> **RECORDS FOR THE TASK**:
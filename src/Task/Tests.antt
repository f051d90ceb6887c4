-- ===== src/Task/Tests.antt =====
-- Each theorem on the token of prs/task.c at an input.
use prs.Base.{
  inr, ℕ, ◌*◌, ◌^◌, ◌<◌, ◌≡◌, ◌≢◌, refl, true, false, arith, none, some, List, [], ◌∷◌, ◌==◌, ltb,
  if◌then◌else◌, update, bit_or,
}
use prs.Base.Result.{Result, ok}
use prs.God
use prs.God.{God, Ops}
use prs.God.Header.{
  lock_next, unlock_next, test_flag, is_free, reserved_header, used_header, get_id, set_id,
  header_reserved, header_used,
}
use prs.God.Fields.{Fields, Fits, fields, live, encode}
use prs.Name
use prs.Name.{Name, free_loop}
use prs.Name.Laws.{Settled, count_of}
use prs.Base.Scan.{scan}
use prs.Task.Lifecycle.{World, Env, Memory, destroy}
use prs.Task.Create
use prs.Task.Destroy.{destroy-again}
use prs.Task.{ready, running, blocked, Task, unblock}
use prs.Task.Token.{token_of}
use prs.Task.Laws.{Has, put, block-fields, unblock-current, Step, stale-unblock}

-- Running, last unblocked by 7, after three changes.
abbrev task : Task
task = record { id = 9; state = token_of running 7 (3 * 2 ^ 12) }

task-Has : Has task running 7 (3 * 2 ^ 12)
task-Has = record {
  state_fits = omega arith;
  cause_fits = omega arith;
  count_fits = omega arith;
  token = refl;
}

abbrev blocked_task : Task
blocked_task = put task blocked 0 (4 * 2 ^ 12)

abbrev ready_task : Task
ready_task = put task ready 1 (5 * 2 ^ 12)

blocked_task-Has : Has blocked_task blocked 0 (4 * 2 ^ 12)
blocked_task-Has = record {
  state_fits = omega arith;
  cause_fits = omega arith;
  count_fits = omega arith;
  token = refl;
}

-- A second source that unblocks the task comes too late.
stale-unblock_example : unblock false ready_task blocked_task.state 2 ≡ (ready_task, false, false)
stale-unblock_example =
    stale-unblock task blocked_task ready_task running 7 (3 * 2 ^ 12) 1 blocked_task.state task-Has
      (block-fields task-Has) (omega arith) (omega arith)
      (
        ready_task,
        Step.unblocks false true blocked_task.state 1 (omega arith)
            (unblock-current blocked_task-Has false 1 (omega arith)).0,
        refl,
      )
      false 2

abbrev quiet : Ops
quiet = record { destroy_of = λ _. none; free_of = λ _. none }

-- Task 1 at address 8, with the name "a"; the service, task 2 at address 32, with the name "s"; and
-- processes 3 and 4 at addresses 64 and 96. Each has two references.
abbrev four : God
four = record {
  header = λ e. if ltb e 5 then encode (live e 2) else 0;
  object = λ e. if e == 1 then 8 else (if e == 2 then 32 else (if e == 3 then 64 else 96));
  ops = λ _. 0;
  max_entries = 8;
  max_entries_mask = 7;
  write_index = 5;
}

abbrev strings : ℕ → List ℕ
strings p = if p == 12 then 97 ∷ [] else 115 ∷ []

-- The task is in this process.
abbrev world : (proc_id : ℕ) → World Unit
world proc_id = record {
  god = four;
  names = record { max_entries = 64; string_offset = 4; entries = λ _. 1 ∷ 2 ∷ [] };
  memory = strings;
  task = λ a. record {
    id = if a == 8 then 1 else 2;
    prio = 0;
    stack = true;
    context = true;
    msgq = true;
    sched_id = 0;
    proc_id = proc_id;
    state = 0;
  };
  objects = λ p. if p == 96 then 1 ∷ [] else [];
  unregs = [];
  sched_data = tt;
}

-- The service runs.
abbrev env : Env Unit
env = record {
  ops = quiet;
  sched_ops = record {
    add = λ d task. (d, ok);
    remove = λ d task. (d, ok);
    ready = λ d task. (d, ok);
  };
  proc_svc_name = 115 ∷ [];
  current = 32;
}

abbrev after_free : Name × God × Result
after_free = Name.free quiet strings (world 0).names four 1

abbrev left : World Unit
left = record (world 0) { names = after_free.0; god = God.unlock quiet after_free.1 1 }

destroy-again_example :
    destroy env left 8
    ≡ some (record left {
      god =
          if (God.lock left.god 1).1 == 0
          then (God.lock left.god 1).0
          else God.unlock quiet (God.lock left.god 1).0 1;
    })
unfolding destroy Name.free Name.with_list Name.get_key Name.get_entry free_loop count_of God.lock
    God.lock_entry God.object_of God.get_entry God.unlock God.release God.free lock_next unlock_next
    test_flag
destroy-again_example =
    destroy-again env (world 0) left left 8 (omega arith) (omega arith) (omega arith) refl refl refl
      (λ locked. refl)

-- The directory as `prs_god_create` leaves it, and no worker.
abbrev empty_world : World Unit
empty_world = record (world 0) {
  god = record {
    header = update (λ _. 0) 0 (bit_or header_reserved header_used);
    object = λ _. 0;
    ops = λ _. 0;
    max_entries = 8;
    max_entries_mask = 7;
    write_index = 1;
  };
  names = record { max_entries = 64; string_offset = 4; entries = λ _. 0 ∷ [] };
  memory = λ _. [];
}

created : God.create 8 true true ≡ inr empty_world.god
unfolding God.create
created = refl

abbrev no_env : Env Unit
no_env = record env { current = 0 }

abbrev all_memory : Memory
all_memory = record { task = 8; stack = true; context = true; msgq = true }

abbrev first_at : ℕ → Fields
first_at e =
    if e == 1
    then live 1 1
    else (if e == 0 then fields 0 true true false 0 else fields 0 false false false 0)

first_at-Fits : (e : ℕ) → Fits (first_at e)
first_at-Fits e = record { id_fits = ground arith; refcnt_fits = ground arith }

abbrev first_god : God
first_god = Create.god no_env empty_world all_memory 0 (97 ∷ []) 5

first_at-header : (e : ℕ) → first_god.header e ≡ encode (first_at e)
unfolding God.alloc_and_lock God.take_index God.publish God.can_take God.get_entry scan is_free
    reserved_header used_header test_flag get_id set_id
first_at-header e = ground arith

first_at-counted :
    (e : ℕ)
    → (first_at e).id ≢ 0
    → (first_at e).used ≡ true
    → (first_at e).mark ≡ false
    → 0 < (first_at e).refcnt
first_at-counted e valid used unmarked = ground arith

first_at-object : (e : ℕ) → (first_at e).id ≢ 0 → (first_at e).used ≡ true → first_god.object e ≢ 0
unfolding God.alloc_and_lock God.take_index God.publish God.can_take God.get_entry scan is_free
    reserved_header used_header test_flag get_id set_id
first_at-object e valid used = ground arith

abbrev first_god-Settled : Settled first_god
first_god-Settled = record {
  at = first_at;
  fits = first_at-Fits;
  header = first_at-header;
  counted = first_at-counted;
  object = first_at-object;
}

* * *

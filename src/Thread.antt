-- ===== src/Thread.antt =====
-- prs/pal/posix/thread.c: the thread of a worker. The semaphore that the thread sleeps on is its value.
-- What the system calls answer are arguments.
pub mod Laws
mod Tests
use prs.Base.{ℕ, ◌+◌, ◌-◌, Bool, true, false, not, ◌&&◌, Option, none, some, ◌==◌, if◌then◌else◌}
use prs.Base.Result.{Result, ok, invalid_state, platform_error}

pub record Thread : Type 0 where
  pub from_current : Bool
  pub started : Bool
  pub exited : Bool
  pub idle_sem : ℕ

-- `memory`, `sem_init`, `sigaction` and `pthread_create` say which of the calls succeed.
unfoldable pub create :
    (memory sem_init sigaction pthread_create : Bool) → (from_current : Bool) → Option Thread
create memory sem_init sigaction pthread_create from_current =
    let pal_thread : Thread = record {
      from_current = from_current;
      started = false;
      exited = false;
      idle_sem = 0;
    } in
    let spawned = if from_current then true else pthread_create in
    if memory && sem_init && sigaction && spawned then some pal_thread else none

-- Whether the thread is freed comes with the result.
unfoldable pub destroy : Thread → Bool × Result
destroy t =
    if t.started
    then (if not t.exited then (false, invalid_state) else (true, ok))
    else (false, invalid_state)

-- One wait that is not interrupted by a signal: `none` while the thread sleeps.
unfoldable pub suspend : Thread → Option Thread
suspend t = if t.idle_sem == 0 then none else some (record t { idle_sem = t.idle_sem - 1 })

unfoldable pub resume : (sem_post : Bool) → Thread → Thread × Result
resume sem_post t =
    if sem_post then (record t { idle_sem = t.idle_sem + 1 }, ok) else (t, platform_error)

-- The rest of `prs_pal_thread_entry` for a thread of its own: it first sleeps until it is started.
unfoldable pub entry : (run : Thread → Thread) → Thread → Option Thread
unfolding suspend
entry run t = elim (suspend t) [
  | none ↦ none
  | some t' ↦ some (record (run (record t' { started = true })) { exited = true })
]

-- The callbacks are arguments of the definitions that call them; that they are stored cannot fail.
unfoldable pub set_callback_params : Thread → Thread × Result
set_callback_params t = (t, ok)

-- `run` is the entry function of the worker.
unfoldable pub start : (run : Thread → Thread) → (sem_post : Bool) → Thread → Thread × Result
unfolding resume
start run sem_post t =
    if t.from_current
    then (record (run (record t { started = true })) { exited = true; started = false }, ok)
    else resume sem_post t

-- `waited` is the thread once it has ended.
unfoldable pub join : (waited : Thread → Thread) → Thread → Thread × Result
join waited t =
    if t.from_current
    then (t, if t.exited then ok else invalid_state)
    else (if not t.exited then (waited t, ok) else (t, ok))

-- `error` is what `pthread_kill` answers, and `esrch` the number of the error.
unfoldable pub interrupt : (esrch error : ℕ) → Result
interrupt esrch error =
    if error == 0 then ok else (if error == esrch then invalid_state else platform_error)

==

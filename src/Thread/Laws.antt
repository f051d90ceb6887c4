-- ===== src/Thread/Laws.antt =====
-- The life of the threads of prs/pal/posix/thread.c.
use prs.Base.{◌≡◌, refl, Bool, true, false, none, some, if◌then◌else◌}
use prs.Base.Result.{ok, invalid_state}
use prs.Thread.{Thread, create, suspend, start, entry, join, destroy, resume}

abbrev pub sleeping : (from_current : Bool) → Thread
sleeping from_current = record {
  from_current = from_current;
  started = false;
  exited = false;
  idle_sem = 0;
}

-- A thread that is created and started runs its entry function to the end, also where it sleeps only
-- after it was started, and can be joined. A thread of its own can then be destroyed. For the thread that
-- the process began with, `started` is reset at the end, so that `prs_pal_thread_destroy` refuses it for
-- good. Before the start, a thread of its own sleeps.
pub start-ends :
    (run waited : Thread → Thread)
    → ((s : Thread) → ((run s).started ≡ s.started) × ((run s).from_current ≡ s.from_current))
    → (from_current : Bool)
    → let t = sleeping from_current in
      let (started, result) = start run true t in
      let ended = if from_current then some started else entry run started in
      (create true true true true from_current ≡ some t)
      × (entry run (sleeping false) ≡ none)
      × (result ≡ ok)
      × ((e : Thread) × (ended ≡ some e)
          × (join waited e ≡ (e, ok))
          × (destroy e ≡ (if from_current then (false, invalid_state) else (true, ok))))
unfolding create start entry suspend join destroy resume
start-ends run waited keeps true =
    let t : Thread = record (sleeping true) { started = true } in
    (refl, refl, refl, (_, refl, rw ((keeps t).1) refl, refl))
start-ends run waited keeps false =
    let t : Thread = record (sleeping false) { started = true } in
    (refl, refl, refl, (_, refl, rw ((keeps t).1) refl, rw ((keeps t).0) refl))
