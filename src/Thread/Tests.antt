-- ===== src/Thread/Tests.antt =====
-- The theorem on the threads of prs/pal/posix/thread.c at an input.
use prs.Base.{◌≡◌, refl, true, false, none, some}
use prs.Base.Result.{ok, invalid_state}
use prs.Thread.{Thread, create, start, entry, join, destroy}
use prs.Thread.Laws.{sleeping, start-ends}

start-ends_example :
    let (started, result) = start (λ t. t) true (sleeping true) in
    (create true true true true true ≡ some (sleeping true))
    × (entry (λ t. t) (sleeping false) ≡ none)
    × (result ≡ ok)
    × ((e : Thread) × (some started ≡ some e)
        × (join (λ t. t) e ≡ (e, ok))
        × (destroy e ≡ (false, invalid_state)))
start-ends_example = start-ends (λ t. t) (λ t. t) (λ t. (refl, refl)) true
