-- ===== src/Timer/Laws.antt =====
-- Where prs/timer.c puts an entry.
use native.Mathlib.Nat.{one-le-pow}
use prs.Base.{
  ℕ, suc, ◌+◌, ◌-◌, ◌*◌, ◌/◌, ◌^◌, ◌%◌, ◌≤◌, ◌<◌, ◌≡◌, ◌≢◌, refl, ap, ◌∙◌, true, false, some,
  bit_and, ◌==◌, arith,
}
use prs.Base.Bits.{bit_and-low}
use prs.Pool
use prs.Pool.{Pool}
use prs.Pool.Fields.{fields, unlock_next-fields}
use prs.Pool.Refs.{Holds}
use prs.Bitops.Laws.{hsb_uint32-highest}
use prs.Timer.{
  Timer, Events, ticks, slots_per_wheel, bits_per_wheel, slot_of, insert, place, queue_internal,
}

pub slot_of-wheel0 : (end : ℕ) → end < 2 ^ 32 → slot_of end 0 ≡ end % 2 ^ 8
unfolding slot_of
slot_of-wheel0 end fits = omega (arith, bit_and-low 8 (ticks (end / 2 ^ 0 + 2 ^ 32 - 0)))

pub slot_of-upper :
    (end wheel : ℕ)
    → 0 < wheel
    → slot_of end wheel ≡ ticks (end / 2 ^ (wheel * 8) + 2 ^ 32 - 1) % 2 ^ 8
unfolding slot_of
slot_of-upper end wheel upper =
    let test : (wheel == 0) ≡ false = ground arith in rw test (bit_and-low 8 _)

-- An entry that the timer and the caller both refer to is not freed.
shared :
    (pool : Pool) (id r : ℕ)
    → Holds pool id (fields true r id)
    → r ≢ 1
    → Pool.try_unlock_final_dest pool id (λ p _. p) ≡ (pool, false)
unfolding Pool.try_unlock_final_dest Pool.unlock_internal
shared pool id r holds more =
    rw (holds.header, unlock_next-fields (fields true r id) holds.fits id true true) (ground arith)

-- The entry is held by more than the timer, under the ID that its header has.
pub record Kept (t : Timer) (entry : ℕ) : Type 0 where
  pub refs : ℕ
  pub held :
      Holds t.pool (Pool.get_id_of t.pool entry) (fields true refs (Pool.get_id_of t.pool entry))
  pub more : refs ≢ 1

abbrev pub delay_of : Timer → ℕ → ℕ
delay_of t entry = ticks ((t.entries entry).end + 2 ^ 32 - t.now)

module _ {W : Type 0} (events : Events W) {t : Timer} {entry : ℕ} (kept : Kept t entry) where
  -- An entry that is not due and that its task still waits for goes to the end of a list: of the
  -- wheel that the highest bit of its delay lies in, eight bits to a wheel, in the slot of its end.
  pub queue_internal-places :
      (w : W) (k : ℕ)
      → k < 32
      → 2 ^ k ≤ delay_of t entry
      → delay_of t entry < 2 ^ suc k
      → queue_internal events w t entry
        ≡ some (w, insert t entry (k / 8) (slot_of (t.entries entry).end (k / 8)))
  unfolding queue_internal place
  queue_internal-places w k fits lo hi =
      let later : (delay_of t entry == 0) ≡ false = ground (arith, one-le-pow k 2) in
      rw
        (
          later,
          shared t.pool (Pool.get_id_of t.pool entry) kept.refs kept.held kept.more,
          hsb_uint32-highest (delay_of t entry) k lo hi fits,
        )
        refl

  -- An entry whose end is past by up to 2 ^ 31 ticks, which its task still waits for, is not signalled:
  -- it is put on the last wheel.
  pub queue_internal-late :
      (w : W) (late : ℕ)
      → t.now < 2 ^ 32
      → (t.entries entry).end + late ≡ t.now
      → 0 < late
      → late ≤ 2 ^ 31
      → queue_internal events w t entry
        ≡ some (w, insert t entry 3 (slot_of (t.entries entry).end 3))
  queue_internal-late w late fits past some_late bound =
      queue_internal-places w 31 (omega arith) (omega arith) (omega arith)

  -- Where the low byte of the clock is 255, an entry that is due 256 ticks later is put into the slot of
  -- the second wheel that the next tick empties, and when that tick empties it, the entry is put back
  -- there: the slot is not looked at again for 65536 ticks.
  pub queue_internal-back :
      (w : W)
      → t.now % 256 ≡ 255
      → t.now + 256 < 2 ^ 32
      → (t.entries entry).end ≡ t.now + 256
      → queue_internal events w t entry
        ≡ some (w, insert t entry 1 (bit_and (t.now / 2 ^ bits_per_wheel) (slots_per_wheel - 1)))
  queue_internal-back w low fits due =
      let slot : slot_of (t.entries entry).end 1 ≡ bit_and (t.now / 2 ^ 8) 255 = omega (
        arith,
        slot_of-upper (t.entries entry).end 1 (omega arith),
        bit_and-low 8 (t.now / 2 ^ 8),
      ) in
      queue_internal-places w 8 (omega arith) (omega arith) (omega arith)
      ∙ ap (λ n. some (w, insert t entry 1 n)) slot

> **TASK**: Only one stretch of the records above is wanted: the lines between the one holding "then (t, if" and the one holding "if error == 0", inclusive, reproduced exactly.

> **WRITTEN RESPONSE**:
    then (t, if t.exited then ok else invalid_state)
    else (if not t.exited then (waited t, ok) else (t, ok))

-- `error` is what `pthread_kill` answers, and `esrch` the number of the error.
unfoldable pub interrupt : (esrch error : ℕ) → Result
interrupt esrch error =
    if error == 0 then ok else (if error == esrch then invalid_state else platform_error)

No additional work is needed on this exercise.